Work instructions:
Copy out each line of the listing that has the word "dead" in it.

The records:
-- ===== src/Raid/Tests.antt =====
-- Runs of the model on small arrays, and the theorems at those arrays.
use mathlib.Core.Bool.{true≢false}
use ia_operating_systems.Base.{
  ℕ, ◌+◌, ◌*◌, ◌<◌, ◌≡◌, true, false, ◌==◌, if◌then◌else◌, arith, refl, inl, inr, some, update, [],
  ◌∷◌,
}
use ia_operating_systems.Raid.State.{
  Array, auto, filled, zeros, cell, phys_read, phys_write, xor_into,
}
use ia_operating_systems.Raid.Geometry.{
  data_disks, parity_disk_of, map_data, capacity_blocks, column_disk,
}
use ia_operating_systems.Raid.Access.{
  write_additive, other_columns, logical_read, logical_write, rebuild, write_mirrors,
  write_degraded, write_subtractive, use_subtractive, parity_recompute, recompute_columns,
  reconstruct, reconstruct_columns, reconstruct_disk, first_disk, write_replacement, rebuild_rows,
  rebuild_row,
}
use ia_operating_systems.Raid.Script.{init_refused, do_init, exec, run_script, Command, Reply}
use ia_operating_systems.Raid.Placement.{lba_at, lba_at-map_data}
use ia_operating_systems.Raid.Columns.{HasParity, read_more}
use ia_operating_systems.Raid.Reads.{AllLive, lose, content, logical_read-lose}
use ia_operating_systems.Raid.Store.{logical_write_lem}
use ia_operating_systems.Raid.Recovery.{rebuild-lose}
use ia_operating_systems.Raid.Mirrors.{IsMirror, live_below, logical_write-IsMirror}
use ia_operating_systems.Raid.MirrorRebuild.{rebuild-IsMirror}
use ia_operating_systems.Raid.Degraded.{degraded_write_lost}
use ia_operating_systems.Raid.Setup.{IsFit, do_init-HasParity, do_init-IsMirror}

abbrev blank : Array
blank = record {
  level = 0;
  ndisks = 0;
  chunk = 0;
  rows = 0;
  bs = 0;
  parity_mode = auto;
  disk = λ d row. zeros;
  failed = λ d. false;
  phys_reads = 0;
  phys_writes = 0;
}

small : (level : ℕ) → IsFit level 3 2 4 1
small level = record {
  disks = omega arith;
  height = omega arith;
  size = omega arith;
  whole = omega arith;
  redundant = λ r. omega arith;
}

-- Three disks of four rows in chunks of two, at level 5 and at level 1.
abbrev five : Array
five = (do_init blank 5 3 2 4 1).1

abbrev mirror : Array
mirror = (do_init blank 1 3 2 4 1).1

five_lem : AllLive five × HasParity five
five_lem = do_init-HasParity blank 5 3 2 4 1 (inr refl) (small 5)

five-HasParity : HasParity five
five-HasParity = five_lem.1

five-live : AllLive five
five-live = five_lem.0

mirror-IsMirror : IsMirror mirror (λ row. zeros)
mirror-IsMirror = (do_init-IsMirror blank 3 2 4 1 (small 1)).1

in_five : (lba : ℕ) → lba < 8 → lba < capacity_blocks five
unfolding capacity_blocks data_disks do_init init_refused
in_five lba h = h

lba_at-map_data_example : lba_at five (map_data five 7).disk (map_data five 7).row ≡ 7
lba_at-map_data_example = lba_at-map_data five 7 five-HasParity.array

logical_write_lem_example :
    let (done, a') = logical_write five 5 77 in
    (done ≡ true)
    × HasParity a'
    × ((i : ℕ) → content a' i ≡ (if 5 == i then filled 77 else content five i))
logical_write_lem_example =
    logical_write_lem 5 77 five-HasParity five-live (in_five 5 (omega arith))

logical_read-lose_example : logical_read (lose five 1 (λ row. filled 9)) 5 ≡ (
  some (content five 5),
  read_more
      (lose five 1 (λ row. filled 9))
      (if 1 == (map_data five 5).disk then data_disks five else 1),
)
unfolding do_init init_refused
logical_read-lose_example =
    logical_read-lose {a = five} 1 5 (λ row. filled 9) five-HasParity five-live (omega arith)
      (in_five 5 (omega arith))

rebuild-lose_example :
    let (reads, a') = rebuild (lose five 1 (λ row. filled 9)) 1 in
    (reads ≡ five.rows * data_disks five) × (cell a' 1 3 ≡ cell five 1 3) × AllLive a'
unfolding do_init init_refused
rebuild-lose_example =
    rebuild-lose {a = five} 1 five-HasParity five-live (omega arith) (λ row. filled 9) 1 3
      (omega arith)

degraded_write_lost_example :
    let p = map_data five 5 in
    let (done, a') = logical_write (lose five p.disk (λ row. filled 9)) 5 77 in
    (done ≡ true) × ((logical_read a' 5).0 ≡ some (filled 9))
degraded_write_lost_example =
    degraded_write_lost 5 77 (λ row. filled 9) five-HasParity five-live (in_five 5 (omega arith))

in_mirror : (lba : ℕ) → lba < 4 → lba < capacity_blocks mirror
unfolding capacity_blocks data_disks do_init init_refused
in_mirror lba h = h

logical_write-IsMirror_example :
    let (done, a') = logical_write mirror 2 7 in
    (done ≡ true)
    × IsMirror a' (update (λ row. zeros) 2 (filled 7))
    × (a'.failed ≡ mirror.failed)
    × (a'.phys_writes ≡ mirror.phys_writes + live_below mirror mirror.ndisks)
logical_write-IsMirror_example = logical_write-IsMirror 2 7 mirror-IsMirror

-- The mirror with its first disk failed.
abbrev half : Array
half = record mirror { failed = update mirror.failed 0 true }

half-IsMirror : IsMirror half (λ row. zeros)
unfolding do_init init_refused
half-IsMirror = record {
  array = record {
    known = inr (inl refl);
    disks = omega arith;
    redundant = λ ne. omega arith;
    units = omega arith;
    whole = refl;
  };
  level = refl;
  holds = λ x row xlt rlt up. ground arith;
}

in_half : (lba : ℕ) → lba < 4 → lba < capacity_blocks half
unfolding capacity_blocks data_disks do_init init_refused
in_half lba h = h

rebuild-IsMirror_example :
    let (reads, a') = rebuild half 0 in
    (reads ≡ half.rows) × IsMirror a' (λ row. zeros) × (a'.failed ≡ update half.failed 0 false)
unfolding do_init init_refused
rebuild-IsMirror_example = rebuild-IsMirror {a = half} 0 half-IsMirror refl 1 (omega arith) refl

-- The mirror with every disk failed.
abbrev dead : Array
dead = record mirror { failed = λ d. true }

dead-IsMirror : IsMirror dead (λ row. zeros)
unfolding do_init init_refused
dead-IsMirror = record {
  array = record {
    known = inr (inl refl);
    disks = omega arith;
    redundant = λ ne. omega arith;
    units = omega arith;
    whole = refl;
  };
  level = refl;
  holds = λ x row xlt rlt up. absurd (true≢false up);
}

-- A script: a write to the block of a failed disk answers `done`, and the block reads as before the
-- write.
replies :
    (run_script blank (
      Command.init 5 3 2 4 1
      ∷ Command.write 0 7
      ∷ Command.fail 0
      ∷ Command.write 0 8
      ∷ Command.read 0
      ∷ Command.rebuild_disk 0
      ∷ Command.iostat
      ∷ [])).0
    ≡ (Reply.done
        ∷ Reply.done
        ∷ Reply.done
        ∷ Reply.done
        ∷ Reply.block (λ i. 7)
        ∷ Reply.number 8
        ∷ Reply.counts 13 7
        ∷ [])
unfolding run_script exec do_init init_refused logical_write logical_read rebuild rebuild_rows
    rebuild_row write_mirrors write_degraded write_subtractive use_subtractive parity_recompute
    recompute_columns reconstruct reconstruct_columns reconstruct_disk first_disk write_replacement
    data_disks parity_disk_of column_disk map_data capacity_blocks phys_read phys_write xor_into
    write_additive other_columns
replies = refl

Task result:
abbrev dead : Array
dead = record mirror { failed = λ d. true }
dead-IsMirror : IsMirror dead (λ row. zeros)
dead-IsMirror = record {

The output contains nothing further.